Ok, was able to get some pics to load. It has changed a bit since the pics to better fit my needs and figuring out how things best work. What you can't see in these pics is the 8' ladder that slides in behind the shelves on the right hand side. Best decision I think I have ever made :thumbupdon't tell my wife, that's what I say about her when she's around!)


----------



## maxwage (Nov 25, 2012)

Looks nice Mike. I can't tell from the pic, but is there anything preventing the stuff on the shelves from falling off, say on a sharp turn or bumpy road?


----------



## mikeharold (Nov 1, 2013)

Thanks wedge. There is a lip on every shelf that keeps things from falling. Haven't had any problems yet. It doesn't take much to keep things put.


----------



## jerrysats (Jun 6, 2013)

Something that you may want to consider is the construction of the interior of the trailer , box tubing on the ceiling and walls is nicer then the HighHat or Z channel most trailers use . Where you'll see a difference is when you mount anything to the sides or from the ceiling . With the square tube its nicer to mount things from . Most square tube is fairly wide .


----------



## mikeharold (Nov 1, 2013)

That's a good point Jerry. That's one of the big reasons I wanted the brand I bought. 1" square tube 16" o.c. For the walls with 3/8" ply walls. Not all trailers are created equal...


----------



## jerrysats (Jun 6, 2013)

mikeharold said:


> Not all trailers are created equal...




Thats very true . I spent months looking for a trailer that had those things I wanted in a trailer . The box tubing and 16" centers were high on my list . What really sucks is how they price trailers , you can buy a 24 footer for about the same as a 14 footer .


----------



## LNG24 (Oct 30, 2005)

the day I got my 7x14 dual axle 7' height trailer with ramp door...I was in love. I hated selling that trailer when I retired. 

As others mentioned. 

Dual Axles
Ramp Door makes loading and unloading real easy
Side door
Ladder Rack

Add your own Electric and if you live in a cold climate, make one of the "shelves" enclosed and add a 100 watt bulb in there. Put your stuff that can't freeze, like Caulking and Glue in there and turn on the light when it gets cold. It will be enough to keep it from freezing. 

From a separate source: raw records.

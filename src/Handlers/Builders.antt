-- ===== src/Handlers/Builders.antt =====
-- Which of the response builders of include/request.hpp the handlers use.
use shadyurl.Common.{
  ℕ, ◌≡◌, inl, inr, refl, Bool, true, false, Option, none, some, Bytes, codes, ◌++◌, Bool-cases,
  if◌then◌else◌, Option-cases, c_str, not, ◌==◌, drop,
}
use shadyurl.Common.Result.{Result, ok, thrown}
use shadyurl.PathUtil.{path_cat}
use shadyurl.ServerState.{ServerState, get_config_doc_root, get_config_hostname, get_config_db_path}
use shadyurl.Sqlite.{sqlite_ok, insert_url, select_url}
use shadyurl.Generate.{generate_random_filename}
use shadyurl.Http.{
  Verb, get, head, post, other, Request, Response, bad_request, not_found, server_error, ok_string,
  redirect_permanent, ok_head_file, ok_get_file,
}
use shadyurl.Routes.{
  Handler, handle_file, handle_post, handle_get_template, handle_get_url, routes, select, illegal,
}
use shadyurl.Handlers.{
  Outcome, sent, raised, stuck, is_head, handle_request, run_handler, handle_file_response,
  handle_get_template_response, handle_get_url_response, handle_post_outcome, shorten, store_url,
  finish_post, rendered, template_path, found_url, is_get, bad_method, is_post, Verb,
}
use shadyurl.Handlers.Effects.{
  Env, World, FileOpen, opened, no_such_file, open_error, Rendered, page, render_error,
}
use shadyurl.Handlers.Form.{Extracted, refused, url, extract_url}

-- The response of an outcome, where there is one.
abbrev pub Answered : {env : Env} → (Response → Type 0) → Outcome (World env) → Type 0
Answered p (sent res w) = p res
Answered p (raised e w) = Unit
Answered p stuck = Unit

-- What holds of the response of each builder.
pub record Builders (env : Env) (state : ServerState) (req : Request) (p : Response → Type 0)
    : Type 0 where
  pub bad : (why : Bytes) → p (bad_request env.server req why)
  pub missing : (target : Bytes) → p (not_found env.server req target)
  pub failed : (what : Bytes) → p (server_error env.server req what)
  pub done : (text : Bytes) → is_head req.method ≡ false → p (ok_string env.server req text)
  pub moved : (u : Bytes) → p (redirect_permanent env.server req u)
  pub headed :
      (path : Bytes) (size : ℕ)
      → is_head req.method ≡ true
      → p (ok_head_file env.server req path size state)
  pub got :
      (path : Bytes) (size : ℕ)
      → is_head req.method ≡ false
      → p (ok_get_file env.server req path size state)

if-Holds : {A : Type 0} (q : A → Type 0) (b : Bool) (x y : A) → q x → q y → q (if b then x else y)
if-Holds q true x y h k = h
if-Holds q false x y h k = k

-- The same, where each side may use the test.
if-Cases :
    {A : Type 0} (q : A → Type 0) (b : Bool) (x y : A)
    → (b ≡ true → q x)
    → (b ≡ false → q y)
    → q (if b then x else y)
if-Cases q true x y h k = h refl
if-Cases q false x y h k = k refl

get_not_head : (m : Verb) → not (is_get m) ≡ false → is_head m ≡ false
get_not_head get h = refl
get_not_head head h = cc
get_not_head post h = cc
get_not_head other h = cc

post_not_head : (m : Verb) → not (is_post m) ≡ false → is_head m ≡ false
post_not_head get h = refl
post_not_head head h = cc
post_not_head post h = refl
post_not_head other h = refl

module _ (env : Env) (state : ServerState) (req : Request) (w : World env) (p : Response → Type 0)
    (built : Builders env state req p) where
  open built use {bad, missing, failed, done, moved, headed, got}

  rendered-Holds : (r : Rendered) → is_head req.method ≡ false → p (rendered env state req r)
  rendered-Holds (page text) h = done text h
  rendered-Holds (render_error what) h = bad _

  opened-Holds :
      (o : FileOpen)
      → env.open_file (c_str (path_cat (get_config_doc_root state) req.target)) ≡ o
      → p (handle_file_response env state req)
  unfolding handle_file_response
  opened-Holds (opened size) e = elim (Bool-cases (is_head req.method)) [
    | inl h ↦ rw (e, h) (if-Holds p _ _ _ (bad _) (headed _ size h))
    | inr h ↦ rw (e, h) (if-Holds p _ _ _ (bad _) (if-Holds p _ _ _ (got _ size h) (bad _)))
  ]
  opened-Holds no_such_file e = rw e (if-Holds p _ _ _ (bad _) (missing _))
  opened-Holds (open_error message) e = rw e (if-Holds p _ _ _ (bad _) (failed _))

  file-Holds : p (handle_file_response env state req)
  file-Holds =
      opened-Holds (env.open_file (c_str (path_cat (get_config_doc_root state) req.target))) refl

  template-Holds : p (handle_get_template_response env state req)
  unfolding handle_get_template_response
  template-Holds =
      if-Cases p (not (is_get req.method)) _ _ (λ _. bad _)
        (λ e. rendered-Holds _ (get_not_head req.method e))

  url-Holds : p (handle_get_url_response env state req w.db)
  unfolding handle_get_url_response
  url-Holds =
      let file = c_str (get_config_db_path state) in
      let handle = env.sqlite.opens w.db file in
      let token = c_str (drop 1 req.target) in
      let error = env.sqlite.errmsg w.db file handle in
      let there = moved (found_url (env.sqlite.step_select w.db file token)) in
      let bound =
        if-Holds p (not (env.sqlite.bind_text w.db file token == sqlite_ok)) _ _
          (failed (codes "SQL error:" ++ error)) there in
      let prepared =
        if-Holds p (not (env.sqlite.prepare w.db file handle select_url == sqlite_ok)) _ _
          (failed (codes "SQL error: " ++ error)) bound in
      if-Holds p (not (is_get req.method)) _ _ (bad bad_method) prepared

  finish-Answered :
      (u token : Bytes) (handle : Bool) (step : ℕ) (w' : World env)
      → is_head req.method ≡ false
      → Answered p (finish_post env state req u token handle step w')
  unfolding finish_post
  finish-Answered u token handle step w' h =
      if-Holds (Answered p) _ (sent _ w') (sent _ w')
        (failed (
          codes "SQL error: " ++ env.sqlite.errmsg w'.db (c_str (get_config_db_path state)) handle))
        (rendered-Holds
          (env.render (template_path env state req) (get_config_hostname state) (some (u, token)))
          h)

  store-Answered :
      (u token : Bytes) (w' : World env)
      → is_head req.method ≡ false
      → Answered p (store_url env state req u token w')
  unfolding store_url
  store-Answered u token w' h =
      let file = c_str (get_config_db_path state) in
      let handle = env.sqlite.opens w'.db file in
      let step = env.sqlite.step_insert w'.db file (c_str token) (c_str u) in
      if-Holds (Answered p) (not (env.sqlite.prepare w'.db file handle insert_url == sqlite_ok)) _ _
        (failed (codes "SQL error: " ++ env.sqlite.errmsg w'.db file handle))
        (finish-Answered u token handle step.0 (record w' { db = step.1 }) h)

  shorten-Answered :
      (u : Bytes) → is_head req.method ≡ false → Answered p (shorten env state req u w)
  unfolding shorten
  shorten-Answered u h = elim (Option-cases (generate_random_filename env.random env.algo w.rng)) [
    | inl n ↦ rw n (if-Holds (Answered p) _ (sent _ w) stuck (bad _) tt)
    | inr ((token, rng'), d) ↦ rw d (
        if-Holds (Answered p) _ (sent _ w) _ (bad _)
          (store-Answered u token (record w { rng = rng' }) h))
  ]

  extracted-Answered :
      (r : Result Extracted)
      → extract_url env req.content_type req.body ≡ r
      → Answered p (handle_post_outcome env state req w)
  unfolding handle_post_outcome
  extracted-Answered (thrown e) h =
      rw h (if-Holds (Answered p) _ (sent _ w) (raised e w) (bad _) tt)
  extracted-Answered (ok (refused why)) h =
      rw h (if-Holds (Answered p) _ (sent _ w) (sent _ w) (bad _) (bad _))
  extracted-Answered (ok (url u)) h = rw h (
      if-Cases (Answered p) (not (is_post req.method)) (sent _ w) (shorten env state req u w)
        (λ _. bad _) (λ e. shorten-Answered u (post_not_head req.method e)))

  handler-Answered : (o : Option Handler) → Answered p (run_handler env state req o w)
  handler-Answered none = missing _
  handler-Answered (some handle_file) = file-Holds
  handler-Answered (some handle_post) =
      extracted-Answered (extract_url env req.content_type req.body) refl
  handler-Answered (some handle_get_template) = template-Holds
  handler-Answered (some handle_get_url) = url-Holds

  -- What holds of every builder's response holds of the one that a request gets.
  pub handle_request-Answered : Answered p (handle_request env state req w)
  unfolding handle_request
  handle_request-Answered =
      if-Holds (Answered p) (illegal req.target) (sent _ w)
        (run_handler env state req (select routes req.target) w)
        (bad (codes "Illegal request-target")) (handler-Answered (select routes req.target))
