-- ===== src/PathUtil/Confined.antt =====
-- A path that is opened stays below the document root, and a MIME type depends on the file name.
use shadyurl.Common.{
  ℕ, ◌-◌, ◌≡◌, ◌≢◌, ◌⊎◌, inl, inr, refl, sym, ap, ◌∙◌, true, false, none, some, List, [], ◌∷◌, ◌++◌,
  Bytes, codes, ◌==◌, arith, Bool-cases, All, Lacks, length, take, drop-length-append, contains,
  starts_with, c_str_of_Lacks, find,
}
use shadyurl.Boost.Split.{split_on, cons_head}
use shadyurl.Mime.{MimeTypeMap, find_filename}
use shadyurl.PathUtil.{rfind, get_mime_type, back, without_slash, path_cat}
use shadyurl.Routes.{illegal}

abbrev head_of : List Bytes → Bytes
head_of [] = []
head_of (p ∷ ps) = p

-- The first part begins as the text does.
head_dot :
    (d : ℕ) (s : Bytes)
    → starts_with (head_of (split_on d s)) (codes ".") ≡ true
    → starts_with s (codes ".") ≡ true
unfolding starts_with split_on
head_dot d [] h = cc
head_dot d (c ∷ s) h = elim (Bool-cases (c == d)) [
  | inl e ↦ let k = rw e at h in cc
  | inr e ↦ first (split_on d s) (rw e at h)
]
  where
    first :
        (ps : List Bytes)
        → starts_with (head_of (cons_head c ps)) (codes ".") ≡ true
        → starts_with (c ∷ s) (codes ".") ≡ true
    first [] k = ground arith
    first (p ∷ ps) k = ground arith

abbrev NoDots : Bytes → Type 0
NoDots p = contains p (codes "..") ≡ false

cons_head-NoDots :
    (c : ℕ) (s : Bytes) (ps : List Bytes)
    → contains (c ∷ s) (codes "..") ≡ false
    → (starts_with (head_of ps) (codes ".") ≡ true → starts_with s (codes ".") ≡ true)
    → All NoDots ps
    → All NoDots (cons_head c ps)
unfolding contains starts_with
cons_head-NoDots c s [] h k a = ground arith
cons_head-NoDots c [] (p ∷ ps) h k a = ground arith
cons_head-NoDots c (x ∷ s) ([] ∷ ps) h k a = ground arith
cons_head-NoDots c (x ∷ s) ((y ∷ p) ∷ ps) h k a = ground arith

parts-NoDots : (d : ℕ) (s : Bytes) → contains s (codes "..") ≡ false → All NoDots (split_on d s)
unfolding split_on contains
parts-NoDots d [] h = (h, tt)
parts-NoDots d (c ∷ s) h =
    let ih = parts-NoDots d s (ground arith) in
    elim (Bool-cases (c == d)) [
      | inl e ↦ rw e (unfold starts_with in refl, ih)
      | inr e ↦ rw e (cons_head-NoDots c s (split_on d s) h (head_dot d s) ih)
    ]

All-map {ℓ κ} :
    {A : Type ℓ} (P Q : A → Type κ) (xs : List A) → ((a : A) → P a → Q a) → All P xs → All Q xs
All-map P Q [] f h = tt
All-map P Q (x ∷ xs) f h = (f x h.0, All-map P Q xs f h.1)

dots_NoDots : (p : Bytes) → NoDots p → p ≢ codes ".."
unfolding contains starts_with
dots_NoDots p h e = let k = rw e at h in cc

take-back : (c : ℕ) (s : Bytes) → take (length s) (c ∷ s) ++ back (c ∷ s) ∷ [] ≡ c ∷ s
take-back c [] = refl
take-back c (d ∷ s) = ap (◌∷◌ c) (take-back d s)

pub without_slash_lem :
    (c : ℕ) (s : Bytes)
    → (c ∷ s ≡ without_slash (c ∷ s)) ⊎ (c ∷ s ≡ without_slash (c ∷ s) ++ codes "/")
without_slash_lem c s =
    let n : length (c ∷ s) - 1 ≡ length s = omega arith in
    elim (Bool-cases (back (c ∷ s) == b'/')) [
      | inl e ↦
          let slash : back (c ∷ s) ≡ b'/' = ground arith in
          rw (e, n) (inr (sym (take-back c s) ∙ ap (λ x. take (length s) (c ∷ s) ++ x ∷ []) slash))
      | inr e ↦ rw e (inl refl)
    ]

-- A text without ".." has no such part between slashes.
pub parts_confined :
    (s : Bytes)
    → contains s (codes "..") ≡ false
    → All (λ part. part ≢ codes "..") (split_on b'/' s)
parts_confined s h =
    All-map NoDots (λ part. part ≢ codes "..") (split_on b'/' s) dots_NoDots (parts-NoDots b'/' s h)

-- The path of a legal request target is the document root, less a '/' at its end, followed by the
-- target, of whose parts between slashes none is "..".
pub path_cat_confined :
    (base target : Bytes)
    → base ≢ []
    → illegal target ≡ false
    → (stem : Bytes) × (path_cat base target ≡ stem ++ target)
      × ((base ≡ stem) ⊎ (base ≡ stem ++ codes "/"))
      × All (λ part. part ≢ codes "..") (split_on b'/' target)
unfolding path_cat illegal
path_cat_confined [] target h l = absurd (h refl)
path_cat_confined (c ∷ base) [] h l = cc
path_cat_confined (c ∷ base) (x ∷ target) h l = (
  without_slash (c ∷ base),
  refl,
  without_slash_lem c base,
  parts_confined (x ∷ target) (ground arith),
)

rfind_of_Lacks : (c : ℕ) (s : Bytes) → Lacks c s → rfind c s ≡ none
unfolding rfind
rfind_of_Lacks c [] h = refl
rfind_of_Lacks c (x ∷ s) h = ground (arith, rfind_of_Lacks c s)

rfind_last : (c : ℕ) (s t : Bytes) → Lacks c t → rfind c (s ++ c ∷ t) ≡ some (length s)
unfolding rfind
rfind_last c [] t h = ground (arith, rfind_of_Lacks c t)
rfind_last c (x ∷ s) t h = ground (arith, rfind_last c s t)

find_filename_slash :
    (m : MimeTypeMap) (name : Bytes) → find_filename m (b'/' ∷ name) ≡ find_filename m name
unfolding find_filename find
find_filename_slash m name = ground arith

-- The MIME type of a path is that of its last component, if no NUL stands in it.
pub get_mime_type_last :
    (m : MimeTypeMap) (dir name : Bytes)
    → Lacks b'/' name
    → Lacks 0 name
    → get_mime_type (dir ++ b'/' ∷ name) m ≡ find_filename m name
unfolding get_mime_type
get_mime_type_last m dir name h k = ground (
  arith,
  rfind_last b'/' dir name h,
  drop-length-append dir (b'/' ∷ name),
  c_str_of_Lacks (b'/' ∷ name) ((omega arith), k),
  find_filename_slash m name,
)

Don't get anything smaller that 7x14. Bigger means you will have some trouble parking it occasionally. 

Go with WHITE and have it wrapped!


----------



## KillerToiletSpider (May 27, 2007)

Buy my trailer, it has electric and air piping installed and has a built in compressor and generator, it also has a floor mounted winch in the front for pulling in heavy loads.

It is a little larger than the specs you posted though.


----------